Thursday, October 1, 2009

A Third Hand Version Of The Challenger Disaster

The other day I met a guy who claims to have worked for the company who made the ill-fated O-rings that caused the first space shuttle disaster aboard the Challenger. He told me his version of the story which I then fact checked (well, ok, it was only Wikipedia).

First, his (abbreviated) version:
Steve the general contractor says the Shuttle disaster wasn't caused by faulty O-rings, but because they launched the shuttle when it was too cold. The O-rings were known not to be effective below 68 degrees. The contractor said "don't launch", Reagan said "Launch, I want a teacher in space for my state of the union speech". A too-cold rod that held the rocket in place snapped. The top of the rocket tilted out, the bottom tilted in and punctured the fuel tank. Boom. Disaster.
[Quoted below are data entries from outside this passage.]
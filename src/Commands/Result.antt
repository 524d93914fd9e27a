-- ===== src/Commands/Result.antt =====
-- What the commands of src/commands.c hand back: the whole output of the child, or a failure.
use wire_command_c.Common.{
  ℕ, zero, suc, ◌+◌, ◌≤◌, ◌<◌, ◌≡◌, ◌≢◌, refl, ◌∙◌, sym, ap, subst, Bool, true, false, Option, none,
  some, [], ◌∷◌, ◌++◌, arith, ◌⊎◌, inl, inr, Bool-cases, ltb→le, ◌==◌, if◌then◌else◌, ltb, length,
  length-append, length-take, length-drop, take, take_all, take-append-drop, drop, append-nil,
  size_mod, value, Bytes, bytes, Errno, Status, ok, fail, eio, emsgsize, enomem,
}
use wire_command_c.Buffer.{Buffer, Realloc, new_capacity}
use wire_command_c.Buffer.Contents.{IsValid, IsRealloc, contents}
use wire_command_c.Buffer.Laws.{
  Refuses, Refuses-by, Extends, AppendFailure, no_source, too_long, no_memory, append_lem,
}
use wire_command_c.Protocol.Append.{Extends-trans}
use wire_command_c.Commands.{
  read_size, append_chunk, read_loop, finish, run, Child, CommandResult, Shell, bad_exit,
  WaitStatus, wait_failed, exited, killed,
}

-- Why the loop of reads fails, with `left` still to come for the buffer `b`.
-- Some `realloc()` of the run has refused a block.
abbrev Starved : (ℕ → Realloc) → Type 0
Starved realloc = (k : ℕ) × Refuses (realloc k)

abbrev ReadFailure : (ℕ → Realloc) → Bool → Buffer → Bytes → Errno → Type 0
ReadFailure realloc fails b left e =
    ((e ≡ eio) × (fails ≡ true))
    ⊎ (((e ≡ emsgsize) × (b.max_size < b.length + length left)) ⊎ ((e ≡ enomem) × Starved realloc))

abbrev Read : (ℕ → Realloc) → Bool → Buffer → Bytes → Option Errno × Buffer → Type 0
Read realloc fails b left (none, b') = (fails ≡ false) × Extends b left b'
Read realloc fails b left (some e, b') = ReadFailure realloc fails b left e

abbrev ChunkRead : Realloc → Buffer → Bytes → Status × Buffer → Type 0
ChunkRead realloc b chunk (s, b') =
    ((s ≡ ok) × Extends b chunk b')
    ⊎ ((e : Errno) × (s ≡ fail e)
        × (((e ≡ emsgsize) × (b.max_size < b.length + length chunk))
            ⊎ ((e ≡ enomem) × Refuses realloc)))

chunk_failure :
    {realloc : Realloc} {b : Buffer} {chunk : Bytes} {size : ℕ} {e : Errno}
    → AppendFailure realloc b (some chunk) size e
    → ((e ≡ emsgsize) × (b.max_size < b.length + size)) ⊎ ((e ≡ enomem) × Refuses realloc)
chunk_failure (no_source n z) = absurd (cc)
chunk_failure (too_long h) = inl (refl, h)
chunk_failure {b} {size} (no_memory h k refused) =
    inr (refl, Refuses-by b.block (new_capacity b (b.length + size)) refused)

chunk-ChunkRead :
    (realloc : Realloc) (b : Buffer) (chunk : Bytes)
    → IsRealloc realloc
    → IsValid b
    → ChunkRead realloc b chunk (append_chunk realloc b chunk)
unfolding append_chunk
chunk-ChunkRead realloc b [] law v = inl (
  refl,
  record { valid = v; holds = sym (append-nil (contents b)); longer = omega arith; limit = refl },
)
chunk-ChunkRead realloc b (c ∷ cs) law v =
    let full : length (c ∷ cs) == 0 ≡ false = ground arith in
    elim (append_lem realloc b (some (c ∷ cs)) (length (c ∷ cs)) law v (inr (omega arith))) [
      | inl (es, x) ↦
          rw full (inl (es, rw (take_all (length (c ∷ cs)) (c ∷ cs) (omega arith)) at x))
      | inr (e, es, eb, why) ↦ rw full (inr (e, es, chunk_failure why))
    ]

module _ (realloc : ℕ → Realloc) (fails : Bool) (fuel : ℕ) (b : Buffer) (left : Bytes) where
  read_loop-failed :
      (e : Errno)
      → (append_chunk (realloc fuel) b (take read_size left)).0 ≡ fail e
      → read_loop (suc fuel) realloc fails b left
        ≡ (some e, (append_chunk (realloc fuel) b (take read_size left)).1)
  unfolding read_loop
  read_loop-failed e h = rw (read_loop, h)

  read_loop-short :
      ltb (length (take read_size left)) read_size ≡ true
      → (append_chunk (realloc fuel) b (take read_size left)).0 ≡ ok
      → read_loop (suc fuel) realloc fails b left ≡ (
        if fails then some eio else none,
        (append_chunk (realloc fuel) b (take read_size left)).1,
      )
  unfolding read_loop
  read_loop-short short h = rw (read_loop, h, short)

  read_loop-next :
      ltb (length (take read_size left)) read_size ≡ false
      → (append_chunk (realloc fuel) b (take read_size left)).0 ≡ ok
      → read_loop (suc fuel) realloc fails b left
        ≡ read_loop fuel realloc fails
            (append_chunk (realloc fuel) b (take read_size left)).1
            (drop read_size left)
  unfolding read_loop
  read_loop-next long h = rw (read_loop, h, long)

-- A failure later on is a failure now, with more to come.
later :
    (realloc : ℕ → Realloc) (fails : Bool) {b b' : Buffer} (xs ys : Bytes)
    (r : Option Errno × Buffer)
    → Extends b xs b'
    → Read realloc fails b' ys r
    → Read realloc fails b (xs ++ ys) r
later realloc fails {b} {b'} xs ys (none, b'') x (f, y) = (f, Extends-trans x y)
later realloc fails {b} {b'} xs ys (some e, b'') x (inl p) = inl p
later realloc fails {b} {b'} xs ys (some e, b'') x (inr (inl (p, l))) =
    inr (inl (p, omega (arith, x.longer, x.limit, length-append xs ys)))
later realloc fails {b} {b'} xs ys (some e, b'') x (inr (inr p)) = inr (inr p)

last_round :
    (realloc : ℕ → Realloc) (fails : Bool) (b : Buffer) (left : Bytes) {xs : Bytes} (b' : Buffer)
    → xs ≡ left
    → Extends b xs b'
    → Read realloc fails b left (if fails then some eio else none, b')
last_round realloc true b left b' e x = inl (refl, refl)
last_round realloc false b left b' e x = (refl, rw (← e) x)

read_loop-Read :
    (fuel : ℕ) (realloc : ℕ → Realloc) (fails : Bool) (b : Buffer) (left : Bytes)
    → ((k : ℕ) → IsRealloc (realloc k))
    → IsValid b
    → length left < fuel
    → Read realloc fails b left (read_loop fuel realloc fails b left)
read_loop-Read zero realloc fails b left law v f = absurd (omega arith)
read_loop-Read (suc fuel) realloc fails b left law v f =
    elim (chunk-ChunkRead (realloc fuel) b (take read_size left) (law fuel) v) [
      | inr (e, es, inl (p, l)) ↦
          rw (read_loop-failed realloc fails fuel b left e es)
            (inr (inl (p, omega (arith, length-take read_size left))))
      | inr (e, es, inr p) ↦
          rw (read_loop-failed realloc fails fuel b left e es) (inr (inr (p.0, (fuel, p.1))))
      | inl (es, x) ↦ elim (Bool-cases (ltb (length (take read_size left)) read_size)) [
        | inl short ↦ rw (read_loop-short realloc fails fuel b left short es) (
            last_round realloc fails b left _
              (take_all read_size left (ground (arith, short, length-take read_size left))) x)
        | inr long ↦ rw (read_loop-next realloc fails fuel b left long es) (
            subst
              (λ (t : Bytes). Read realloc fails b t (
                read_loop fuel realloc fails (append_chunk (realloc fuel) b (take read_size left)).1
                  (drop read_size left)))
              (take-append-drop read_size left)
              (later realloc fails (take read_size left) (drop read_size left) _ x (
                read_loop-Read fuel realloc fails _ (drop read_size left) law x.valid (
                  omega (
                    arith,
                    length-drop read_size left,
                    length-take read_size left,
                    ltb→le (length (take read_size left)) read_size long,
                  )))))
      ]
    ]

exited-zero : (status : WaitStatus) → bad_exit status ≡ false → status ≡ exited 0
exited-zero wait_failed h = cc
exited-zero (exited n) h = ap exited (ground arith)
exited-zero killed h = cc

ne-exited_zero : (status : WaitStatus) → bad_exit status ≡ true → status ≢ exited 0
ne-exited_zero status h e = let h' = rw e at h in cc

-- The two ends of a run.
abbrev pub Ran : (ℕ → Realloc) → Child → ℕ → CommandResult → Status × CommandResult → Type 0
Ran realloc child max_size before (s, r) =
    ((s ≡ ok)
      × (child.status ≡ exited 0)
      × (child.read_fails ≡ false)
      × (length child.output ≤ max_size)
      × (r.length ≡ length child.output)
      × (take r.length (bytes r.block) ≡ child.output))
    ⊎ ((e : Errno) × (s ≡ fail e)
        × (r ≡ before)
        × (((e ≡ eio) × ((child.read_fails ≡ true) ⊎ (child.status ≢ exited 0)))
            ⊎ (((e ≡ emsgsize) × (max_size < length child.output))
                ⊎ ((e ≡ enomem) × Starved realloc))))

finish-Ran :
    (realloc : ℕ → Realloc) (child : Child) (b : Buffer) (before : CommandResult)
    (r : Option Errno × Buffer)
    → b.length ≡ 0
    → Read realloc child.read_fails b child.output r
    → Ran realloc child b.max_size before (finish child.status r before)
unfolding finish
finish-Ran realloc child b before (some e, b') z (inl (p, f)) = inr (e, refl, refl, inl (p, inl f))
finish-Ran realloc child b before (some e, b') z (inr (inl (p, l))) =
    inr (e, refl, refl, inr (inl (p, omega arith)))
finish-Ran realloc child b before (some e, b') z (inr (inr p)) = inr (e, refl, refl, inr (inr p))
finish-Ran realloc child b before (none, b') z (f, x) = elim (Bool-cases (bad_exit child.status)) [
  | inl bad ↦ rw bad (inr (eio, refl, refl, inl (refl, inr (ne-exited_zero child.status bad))))
  | inr good ↦ rw good (
      inl (
        refl,
        exited-zero child.status good,
        f,
        omega (arith, x.longer, x.limit, x.valid.within, x.valid.bounded),
        omega (arith, x.longer),
        x.holds ∙ ap (λ (k : ℕ). take k (bytes b.block) ++ child.output) z,
      ))
]

-- When the shell gives a child for the command, the run ends in one of two ways. It succeeds, and then
-- the child ended with status 0, its output could be read to the end and keeps to `max_size`, and the
-- result is that output, whole. Or it fails and leaves the result as it was: with EIO if reading failed
-- or the child ended badly, with EMSGSIZE if the output is too long, or with ENOMEM if some `realloc()` refuses a block.
pub run_lem :
    (shell : Shell) (realloc : ℕ → Realloc) (command : Bytes) (max_size : ℕ)
    (before : CommandResult) (child : Child)
    → ((k : ℕ) → IsRealloc (realloc k))
    → max_size < size_mod
    → shell command ≡ value child
    → Ran realloc child max_size before (run shell realloc command max_size before)
unfolding run
run_lem shell realloc command max_size before child law small e =
    let start : Buffer = record { block = none; length = 0; capacity = 0; max_size = max_size } in
    let valid : IsValid start = omega arith in
    rw (e, run)
      (finish-Ran realloc child start before _ refl (
        read_loop-Read (suc (length child.output)) realloc child.read_fails start child.output law
          valid (omega arith)))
Steve says the shuttle launched that day with over 350 critical issues, any one of which would result in a complete loss of the vehicle. He says that today they only launch with 150 critical issues. Progress? He also said that NASA figured that they would lose 1 out of every 25 launches. In 27 years, they've only lost 2. Success?

Now the official version:
[Wikipedia] Disintegration of the entire vehicle began after an O-ring seal in its right solid rocket booster (SRB) failed at liftoff. The O-ring failure caused a breach in the SRB joint it sealed, allowing pressurized hot gas from within the solid rocket motor to reach the outside and impinge upon the adjacent SRB attachment hardware and external fuel tank. This led to the separation of the right-hand SRB's aft attachment and the structural failure of the external tank. Aerodynamic forces promptly broke up the orbiter.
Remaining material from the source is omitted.